I want to slow down the rate of growth at the clone and veg stage.  is this possible?  what happens to a plant that has extreme rootball. I think I read that the growth slows way down.  can I make it stop growing without killing it?  and of coarse the plant must recover and flower.


----------



## Rosebud (Nov 9, 2014)

clone it again, or keep it in low light and top.


----------



## Hackerman (Nov 10, 2014)

I am going through the same thing with my current crop. Timing is such that I needed to delay growth slightly so the plants were not huge when they go onto the flower tent.

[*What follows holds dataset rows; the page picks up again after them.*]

-- ===== src/Channel/Ids.antt =====
-- The ids of the channels.
use cosemlib.Base.{
  ℕ, zero, suc, ◌+◌, ◌%◌, ◌<◌, ◌≡◌, ◌≢◌, ◌⊎◌, inl, inr, refl, ap, ◌∙◌, List, [], ◌∷◌, some, ◌==◌,
  get_elem?, set, length, arith, Bool-cases, Option-cases,
}
use cosemlib.Base.Words.{u8_mod}
use cosemlib.Association.{Association, Config}
use cosemlib.Channel.{with_id, Channel, Stack, init, new, new_from, disconnect, invalid}

-- From the channel `i` on: each is free or has the id that follows its index.
abbrev pub IdsFrom : ℕ → List Channel → Type 0
IdsFrom i [] = Unit {0}
IdsFrom i (c ∷ cs) =
    ((c.request.channel_id ≡ invalid) ⊎ (c.request.channel_id ≡ i + 1)) × IdsFrom (i + 1) cs

abbrev pub AllTaken : List Channel → Type 0
AllTaken [] = Unit {0}
AllTaken (c ∷ cs) = (c.request.channel_id ≢ invalid) × AllTaken cs

new_from-IdsFrom :
    (i : ℕ) (cs : List Channel) → i + length cs < 256 → IdsFrom i cs → IdsFrom i ((new_from i cs).1)
unfolding new_from
new_from-IdsFrom i [] h k = tt
new_from-IdsFrom i (c ∷ cs) h k =
    let rest = new_from-IdsFrom (i + 1) cs (omega arith) (k.1) in
    elim (Bool-cases (c.request.channel_id == invalid)) [
      | inl free ↦ rw free (inr (omega arith), k.1)
      | inr taken ↦ rw taken (k.0, rest)
    ]

free-IdsFrom :
    (i j : ℕ) (cs : List Channel) (c : Channel)
    → c.request.channel_id ≡ invalid
    → IdsFrom i cs
    → IdsFrom i (set cs j c)
free-IdsFrom i j [] c h k = tt
free-IdsFrom i zero (d ∷ cs) c h k = (inl h, k.1)
free-IdsFrom i (suc j) (d ∷ cs) c h k = (k.0, free-IdsFrom (i + 1) j cs c h k.1)

-- What `new_from` returns: 0 where no channel is free, or the id of a channel that was free.
new_from-granted :
    (i : ℕ) (cs : List Channel)
    → i + length cs < 256
    → (((new_from i cs).0 ≡ invalid) × AllTaken cs)
      ⊎ ((k : ℕ) × (c : Channel) × ((new_from i cs).0 ≡ i + k + 1)
          × (get_elem? cs k ≡ some c)
          × (c.request.channel_id ≡ invalid)
          × ((new_from i cs).1 ≡ set cs k (with_id (i + k + 1) c)))
unfolding new_from
new_from-granted i [] h = inl (refl, tt)
new_from-granted i (c ∷ cs) h = elim (Bool-cases (c.request.channel_id == invalid)) [
  | inl free ↦
      let e : (i + 1) % u8_mod ≡ i + 0 + 1 = omega arith in
      let z : c.request.channel_id ≡ invalid = ground arith in
      rw (free, e) (inr (0, c, refl, refl, z, refl))
  | inr taken ↦
      let z : c.request.channel_id ≢ invalid = ground arith in
      rw taken (elim (new_from-granted (i + 1) cs (omega arith)) [
        | inl r ↦ inl (r.0, (z, r.1))
        | inr (k, d, id, found, was, now) ↦
            let e : i + suc k + 1 ≡ i + 1 + k + 1 = omega arith in
            inr (suc k, d, rw e id, found, was, rw e (ap (λ t. c ∷ t) now))
      ])
]

-- `csm_channel_new` gives out the first free channel: the id that it returns is the index plus 1, the
-- channel was free and now has it, and nothing else changes. It returns 0, and changes nothing, where
-- no channel is free. There are fewer than 256 channels.
pub new-granted :
    (s : Stack)
    → length s.channels < 256
    → (((new s).0 ≡ invalid) × AllTaken s.channels)
      ⊎ ((k : ℕ) × (c : Channel) × ((new s).0 ≡ k + 1)
          × (get_elem? s.channels k ≡ some c)
          × (c.request.channel_id ≡ invalid)
          × ((new s).1 ≡ record s { channels = set s.channels k (with_id (k + 1) c) }))
unfolding new
new-granted s h = elim (new_from-granted 0 s.channels (omega (arith, h))) [
  | inl r ↦ inl r
  | inr (k, c, id, found, was, now) ↦
      let e : 0 + k + 1 ≡ k + 1 = omega arith in
      let now' : (new_from 0 s.channels).1 ≡ set s.channels k (with_id (k + 1) c) = rw e at now in
      inr (k, c, id ∙ e, found, was, ap (λ cs. record s { channels = cs }) now')
]

-- A connection, or the end of the one on a channel.
pub data Event : Type 0 where
  connect : Event
  hang_up : ℕ → Event

unfoldable pub handle : List Event → Stack → Stack
handle [] s = s
handle (connect ∷ es) s = handle es (new s).1
handle (hang_up i ∷ es) s = handle es (disconnect i s)

length-set : {A : Type 0} (xs : List A) (i : ℕ) (x : A) → length (set xs i x) ≡ length xs
length-set [] i x = refl
length-set (y ∷ xs) zero x = refl
length-set (y ∷ xs) (suc i) x = ap suc (length-set xs i x)

length-new_from : (i : ℕ) (cs : List Channel) → length (new_from i cs).1 ≡ length cs
unfolding new_from
length-new_from i [] = refl
length-new_from i (c ∷ cs) = elim (Bool-cases (c.request.channel_id == invalid)) [
  | inl free ↦ rw free refl
  | inr taken ↦ rw taken (ap suc (length-new_from (i + 1) cs))
]

-- What `csm_channel_new` and `csm_channel_disconnect` keep.
abbrev Sound : Stack → Type 0
Sound s = (length s.channels < 256) × IdsFrom 0 s.channels

new-Sound : (s : Stack) → Sound s → Sound (new s).1
unfolding new
new-Sound s h = (
  omega (arith, length-new_from 0 s.channels, h.0),
  new_from-IdsFrom 0 s.channels (omega (arith, h.0)) h.1,
)

disconnect-Sound : (i : ℕ) (s : Stack) → Sound s → Sound (disconnect i s)
unfolding disconnect
disconnect-Sound i s h = elim (Option-cases (get_elem? s.channels i)) [
  | inl gone ↦ rw (gone, disconnect) h
  | inr (c, found) ↦
      let freed = with_id invalid c in
      rw (found, disconnect)
        (
          omega (arith, length-set s.channels i freed, h.0),
          free-IdsFrom 0 i s.channels freed refl h.1,
        )
]

handle-Sound : (es : List Event) (s : Stack) → Sound s → Sound (handle es s)
unfolding handle
handle-Sound [] s h = h
handle-Sound (connect ∷ es) s h = handle-Sound es (new s).1 (new-Sound s h)
handle-Sound (hang_up i ∷ es) s h = handle-Sound es (disconnect i s) (disconnect-Sound i s h)

id_at :
    (i j : ℕ) (cs : List Channel) (c : Channel)
    → IdsFrom i cs
    → get_elem? cs j ≡ some c
    → c.request.channel_id ≢ invalid
    → c.request.channel_id ≡ i + j + 1
id_at i j [] c h e live = cc
id_at i zero (d ∷ cs) c h e live = ground arith
id_at i (suc j) (d ∷ cs) c h e live = let k = id_at (i + 1) j cs c h.1 e live in omega (arith, k)

init-IdsFrom :
    (i : ℕ) (channels : List Channel) (assos : List Association) (configs : List Config)
    → IdsFrom i (init channels assos configs).channels
unfolding init
init-IdsFrom i [] assos configs = tt
init-IdsFrom i (c ∷ cs) assos configs = (inl refl, init-IdsFrom (i + 1) cs assos configs)

length-init :
    (channels : List Channel) (assos : List Association) (configs : List Config)
    → length (init channels assos configs).channels ≡ length channels
unfolding init
length-init [] assos configs = refl
length-init (c ∷ cs) assos configs = ap suc (length-init cs assos configs)

-- After `csm_channel_init` with fewer than 256 channels and any sequence of connections and
-- disconnections, two channels in use never have the same id.
pub init-handle_distinct :
    (channels : List Channel) (assos : List Association) (configs : List Config) (es : List Event)
    (i j : ℕ) (c d : Channel)
    → length channels < 256
    → get_elem? (handle es (init channels assos configs)).channels i ≡ some c
    → get_elem? (handle es (init channels assos configs)).channels j ≡ some d
    → c.request.channel_id ≢ invalid
    → i ≢ j
    → c.request.channel_id ≢ d.request.channel_id
init-handle_distinct channels assos configs es i j c d h at_i at_j live apart same =
    let start : Sound (init channels assos configs) = (
      omega (arith, length-init channels assos configs, h),
      init-IdsFrom 0 channels assos configs,
    ) in
    let sound = handle-Sound es (init channels assos configs) start in
    let live' : d.request.channel_id ≢ invalid = λ e. live (same ∙ e) in
    let id_c = id_at 0 i (handle es (init channels assos configs)).channels c sound.1 at_i live in
    let id_d = id_at 0 j (handle es (init channels assos configs)).channels d sound.1 at_j live' in
    apart (omega (arith, id_c, id_d, same))
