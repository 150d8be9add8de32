-- ===== src/Channel/Tests.antt =====
-- Channels at concrete inputs: three channels over one association.
use cosemlib.Base.{
  ℕ, ◌≡◌, ◌≢◌, refl, false, true, List, [], ◌∷◌, none, some, arith, ret, pure, get_elem?, set,
  replicate,
}
use cosemlib.Base.Lists.{slice}
use cosemlib.Array.{Array, get_byte, peek}
use cosemlib.Ber.{Ber}
use cosemlib.Services.Server.{App, hls_execute, server_services_execute}
use cosemlib.Association.States.{Step}
use cosemlib.Channel.Execute.{Net, find_asso, dispatch, other_packet, configured, linked, execute}
use cosemlib.Channel.Closed.{execute-Step, receive, receive-pending}
use cosemlib.Association.{Config, Hal, Association, Challenge, StateCf, Referencing, AuthLevel}
use cosemlib.Association.Server
use cosemlib.Services.{OptData, Request, svc_get}
use cosemlib.Channel.{Channel, Stack, init, new, new_from, disconnect}
use cosemlib.Channel.Ids.{connect, hang_up, Event, handle, init-handle_distinct}

abbrev pub challenge : Challenge
challenge = record { value = replicate 64 0; size = 0 }

abbrev pub association : Association
association = record {
  state_cf = StateCf.associated;
  ref = Referencing.ln_ref;
  auth_level = AuthLevel.lowest;
  client_app_title = replicate 8 0;
  server_app_title = replicate 8 0;
  handshake = record {
    ctos = challenge;
    stoc = challenge;
    proposed_conformance = 0;
    client_max_receive_pdu_size = 0;
    server_max_receive_pdu_size = 0;
    accepted = false;
    result = 0;
  };
  config = none;
}

abbrev no_data : OptData
no_data = record {
  enable = 0;
  data_array = record { rd_index = 0; wr_index = 0; offset = 0; size = 0; buff = [] };
  is_null = true;
}

abbrev request : ℕ → Request
request id = record {
  db_request = record {
    block_number = 0;
    service = svc_get;
    additional_data = no_data;
    sel_access = no_data;
    logical_name = record {
      class_id = 8;
      obis = replicate 6 0;
      version = 0;
      id = 2;
      data_index = 0;
    };
    db_type = 0;
  };
  sender_invoke_id = 0;
  request_type = 0;
  llc = record { ssap = 16; dsap = 1 };
  channel_id = id;
}

abbrev used : ℕ → Channel
used id = record { request = request id; asso = some 0 }

abbrev stack : Stack
stack = record {
  channels = used 1 ∷ used 0 ∷ used 3 ∷ [];
  assos = association ∷ [];
  configs = [];
  is_set = true;
}

abbrev events : List Event
events = connect ∷ connect ∷ hang_up 0 ∷ connect ∷ []

abbrev live : ℕ → Channel
live id = record { request = request id; asso = none }

-- The channels 0 and 1 are in use after the events.
after_events : handle events (init stack.channels stack.assos []) ≡ record {
  channels = live 1 ∷ live 2 ∷ live 0 ∷ [];
  assos = Server.init association ∷ [];
  configs = [];
  is_set = true;
}
unfolding handle init new new_from disconnect
after_events = refl

init-handle_distinct_example : (live 2).request.channel_id ≢ (live 1).request.channel_id
unfolding handle init new new_from disconnect
init-handle_distinct_example =
    init-handle_distinct stack.channels stack.assos [] events 1 0 (live 2) (live 1) (ground arith)
      refl refl (ground arith) (ground arith)

abbrev hal : Hal
hal = record {
  random_u8 = λ _ _ _. 8;
  lls_password = λ _ _. 49 ∷ 50 ∷ 51 ∷ [];
  system_title = replicate 8 1;
  junk = 170;
}

-- An application without a database.
abbrev app : App
app = record { decode_selective_access = pure false; database = none }

abbrev config : Config
config = record {
  llc = record { ssap = 16; dsap = 1 };
  conformance = 0x181F;
  is_auto_connected = 0;
}

abbrev waiting : StateCf → Association
waiting st = record association { state_cf = st }

abbrev ber : Ber
ber = record {
  tag = record { tag = 0; is_primitive = false; cls = 0; ext = 0; id = 0; nbytes = 0 };
  length = record { length = 0; nbytes = 0 };
}

-- A GET request in the packet.
abbrev packet : Array
packet = record {
  rd_index = 0;
  wr_index = 2;
  offset = 0;
  size = 8;
  buff = 192 ∷ 1 ∷ 0 ∷ 0 ∷ 0 ∷ 0 ∷ 0 ∷ 0 ∷ [];
}

abbrev net : StateCf → Net
net st = record {
  stack = record {
    channels = used 1 ∷ [];
    assos = waiting st ∷ [];
    configs = config ∷ [];
    is_set = true;
  };
  packet = packet;
  drawn = 0;
  ber = ber;
}

unlinked :
    execute hal app 0 (net StateCf.idle)
    ≡ ret 0 (linked 0 0 config (waiting StateCf.idle) (used 1) (net StateCf.idle))
unfolding execute get_byte peek find_asso slice dispatch other_packet
unlinked = refl

execute-Step_example :
    (b : Association) × (get_elem?
        (set (waiting StateCf.idle ∷ []) 0 (configured config (waiting StateCf.idle)))
        0
      ≡ some b)
    × Step StateCf.idle b.state_cf
execute-Step_example =
    execute-Step hal app 0 (net StateCf.idle) 0 {a = waiting StateCf.idle} unlinked refl

-- The application has no database, so the packet of the waiting client has no effect.
unanswered :
    receive hal app ((0, packet) ∷ []) (net StateCf.association_pending)
    ≡ ret tt (
        linked 0 0 config
          (waiting StateCf.association_pending)
          (used 1)
          (net StateCf.association_pending))
unfolding receive execute get_byte peek find_asso slice dispatch other_packet hls_execute
    server_services_execute
unanswered = refl

receive-pending_example :
    (b : Association) × (get_elem?
        (set
          (waiting StateCf.association_pending ∷ [])
          0
          (configured config (waiting StateCf.association_pending)))
        0
      ≡ some b)
    × (b.state_cf ≡ StateCf.association_pending)
receive-pending_example =
    receive-pending hal app ((0, packet) ∷ []) (net StateCf.association_pending) 0
      {a = waiting StateCf.association_pending} unanswered refl refl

I have found that slightly lower temps slow the growth down considerably. I ran my veg tent at between 65 and 70F for the first 2 months. The first shot is a pic at almost 2 full months.

Then, I raised the temps to about 75 to 80F. The second pic is only about 3 weeks later. They about doubled in size in the heat. 

View attachment ckclonestent.jpg


View attachment tent.jpg


----------



## The Hemp Goddess (Nov 10, 2014)

Low light could cause the plants to stretch and probably be counterproductive.  I am more of the same mind as multi.  I think that fimming , topping, lst, supercropping or a combination of these will help slow the growth.  Lower temps also slows the growth, but my plants just really do not seem to stay happy when they get too cold.  In other words, there can be other problems from lower temps rather than just slowing growth.  Continuing to take clones is a great idea and most people can benefit from more cloning experience.


----------



## blondlebanese (Nov 10, 2014)

Rosebud said:


> clone it again, or keep it in low light and top.



do you mean cut the roots off the clone and let it root again?


----------



## The Hemp Goddess (Nov 10, 2014)

You can take clones from the clones if the original clones get too large for your space and you cannot keep them.


----------